A research paper co-authored by Israeli scientist Jessica Rose was withdrawn by the prestigious academic journal Elsevier. The reason appears to be because she suggested that the Covid vaccine caused myocarditis in children.
Rose, who got her PhD in computational biology from Bar-Ilan University in central Israel, teamed up with cardiologist, and epidemiologist Peter McCullough, to publish a paper on VAERS (Vaccine Adverse Event Reporting System) reports of myocarditis in young people—a problem that although has been acknowledged as a side effect of the vaccine, is considered to be rare.
The VAERS report collects data of any side effects experienced following a vaccine. Although there are roughly 40,000 reports per year, the Covid vaccine VAERS report produced over one million reports. This included over 21,000 deaths, 11,000 heart attacks, close to 13,000 cases of Bell’s palsy, and more than 25,000 cases of myocarditis or pericarditis.

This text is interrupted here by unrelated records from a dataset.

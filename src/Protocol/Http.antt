-- ===== src/Protocol/Http.antt =====
-- rust/crates/protocol/src/http.rs: the bodies of the requests and responses of the server. The bytes
-- of a body are read by serde_json, which is a parameter of `parse_http_body`.
use p2p_transmission.Prelude.{
  ℕ, Bool, ◌==◌, ltb, List, length, Option, none, some, Result, ok, ◌>>=◌, ◌>>◌, reject_if, map_err,
}
use p2p_transmission.Prelude.Text.{Text, text}
use p2p_transmission.Protocol.Limits.{
  Checked, ProtocolError, frame_too_large, invalid_json, invalid_field, max_http_body_bytes,
  validate_text, validate_token, validate_room_code, validate_display_name,
}
use p2p_transmission.Protocol.Version.{ProtocolVersion, validate_version}
use p2p_transmission.Protocol.Realtime.{ParticipantSnapshot, JoinRequestSnapshot}

abbrev pub max_public_error_message_bytes : ℕ
max_public_error_message_bytes = 512

pub record CreateSessionRequest : Type 0 where
  pub version : ProtocolVersion
  pub display_name : Text

unfoldable pub validate_create_session : CreateSessionRequest → Checked
validate_create_session request = do
  validate_version request.version
  validate_display_name request.display_name

pub record SessionResponse : Type 0 where
  pub version : ProtocolVersion
  pub session_id : Text
  pub display_name : Text
  pub expires_at_ms : ℕ

pub record CreateRoomRequest : Type 0 where
  pub version : ProtocolVersion
  pub request_id : Text

pub record CreateRoomResponse : Type 0 where
  pub version : ProtocolVersion
  pub room_id : Text
  pub room_code : Text
  pub revision : ℕ
  pub expires_at_ms : ℕ

unfoldable pub validate_create_room : CreateRoomRequest → Checked
validate_create_room request = do
  validate_version request.version
  validate_token request.request_id (text "request_id")

unfoldable pub validate_optional_revision : Option ℕ → Checked
validate_optional_revision none = ok tt
validate_optional_revision (some revision) =
    reject_if (revision == 0) (invalid_field (text "expected_revision"))

abbrev pub validate_optional_token : Option Text → Text → Checked
validate_optional_token none field = ok tt
validate_optional_token (some value) field = validate_token value field

pub record RequestJoinRequest : Type 0 where
  pub version : ProtocolVersion
  pub request_id : Text
  pub room_code : Text
  pub expected_revision : Option ℕ
  pub invite_capability : Option Text

unfoldable pub validate_request_join : RequestJoinRequest → Checked
validate_request_join request = do
  validate_version request.version
  validate_token request.request_id (text "request_id")
  validate_room_code request.room_code
  validate_optional_revision request.expected_revision
  validate_optional_token request.invite_capability (text "invite_capability")

pub data JoinDecisionRequest : Type 0 where
  approve reject : JoinDecisionRequest

pub record DecideJoinRequest : Type 0 where
  pub version : ProtocolVersion
  pub request_id : Text
  pub decision : JoinDecisionRequest
  pub expected_revision : Option ℕ

unfoldable pub validate_decide_join : DecideJoinRequest → Checked
validate_decide_join request = do
  validate_version request.version
  validate_token request.request_id (text "request_id")
  validate_optional_revision request.expected_revision

pub record LeaveRoomRequest : Type 0 where
  pub version : ProtocolVersion
  pub request_id : Text
  pub expected_revision : Option ℕ

unfoldable pub validate_leave_room : LeaveRoomRequest → Checked
validate_leave_room request = do
  validate_version request.version
  validate_token request.request_id (text "request_id")
  validate_optional_revision request.expected_revision

pub data JoinRequestStateWire : Type 0 where
  pending approved rejected cancelled expired : JoinRequestStateWire

pub record JoinRequestResponse : Type 0 where
  pub version : ProtocolVersion
  pub room_id : Text
  pub request_id : Text
  pub state : JoinRequestStateWire
  pub revision : ℕ
  pub expires_at_ms : ℕ

pub record RoomMutationResponse : Type 0 where
  pub version : ProtocolVersion
  pub room_id : Text
  pub revision : ℕ

pub record CreateInviteRequest : Type 0 where
  pub version : ProtocolVersion
  pub request_id : Text

unfoldable pub validate_create_invite : CreateInviteRequest → Checked
validate_create_invite request = do
  validate_version request.version
  validate_token request.request_id (text "request_id")

pub record CreateInviteResponse : Type 0 where
  pub version : ProtocolVersion
  pub room_code : Text
  pub capability : Text
  pub expires_at_ms : ℕ

pub record RoomBootstrapResponse : Type 0 where
  pub version : ProtocolVersion
  pub room_id : Text
  pub room_code : Text
  pub revision : ℕ
  pub expires_at_ms : ℕ
  pub participants : List ParticipantSnapshot
  pub pending_join_requests : List JoinRequestSnapshot

pub record IceServer : Type 0 where
  pub urls : List Text
  pub username : Option Text
  pub credential : Option Text

pub record RtcConfigResponse : Type 0 where
  pub version : ProtocolVersion
  pub ice_servers : List IceServer
  pub expires_at_ms : ℕ
  pub ttl_ms : ℕ

pub data ApiErrorCode : Type 0 where
  upgrade_required invalid_request unauthorized forbidden not_found conflict : ApiErrorCode
  rate_limited unavailable internal : ApiErrorCode

pub record ApiErrorBody : Type 0 where
  pub code : ApiErrorCode
  pub message : Text
  pub request_id : Option Text
  pub retryable : Bool

unfoldable pub validate_error_body : ApiErrorBody → Checked
validate_error_body body = do
  validate_text body.message (text "error_message") max_public_error_message_bytes
  validate_optional_token body.request_id (text "request_id")

pub record ErrorEnvelope : Type 0 where
  pub error : ApiErrorBody

-- `from_slice` is `serde_json::from_slice` with the text of its error.
unfoldable pub parse_http_body :
    {T : Type 0} → (T → Checked) → (List ℕ → Result Text T) → List ℕ → Result ProtocolError T
parse_http_body validate from_slice input = do
  reject_if (ltb max_http_body_bytes (length input))
      (frame_too_large (length input) max_http_body_bytes)
  value ← map_err invalid_json (from_slice input)
  validate value
  ok value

Her peer reviewedpaper reviewing VAERS data in young ‘vaccinated’ people showied an especially high incidence of myocarditis (inflammation and scaring of the heart)..
Dr. Rose concluded that a person inoculated under the age of 20, had 19 times greater chance of being hospitalized from a heart related adverse event than an unvaccinated person being hospitalized from Covid-19.
Rose was alarmed by the data. Making matters worse, she noticed that authorities and even several experts were dismissing it.
“Clearly, there’s no concern [among these authorities and experts] for people who are suffering adverse events,” she said in an interview with the Epoch Times.
Since July 9, they discovered 559 VAERS reports of myocarditis, 97 in children ages 12–15. Some may have been related to Covid-19 itself, which may also lead to heart problems. However, there were just too many cases making it hard to ignore the likelihood that they were caused by the vaccine, the authors wrote.
“Within 8 weeks of the public offering of COVID-19 products to the 12–15-year-old age group, we found 19 times the expected number of myocarditis cases in the vaccination volunteers over background myocarditis rates for this age group,” the paper said.
Although the paper was published in the journal for about two weeks, on Oct. 15, it was deleted from Elsevier’s website and replaced with a notice of “Temporary Removal.” The authors were given any reason, Rose said.
“It’s unprecedented in the eyes of all of my colleagues.”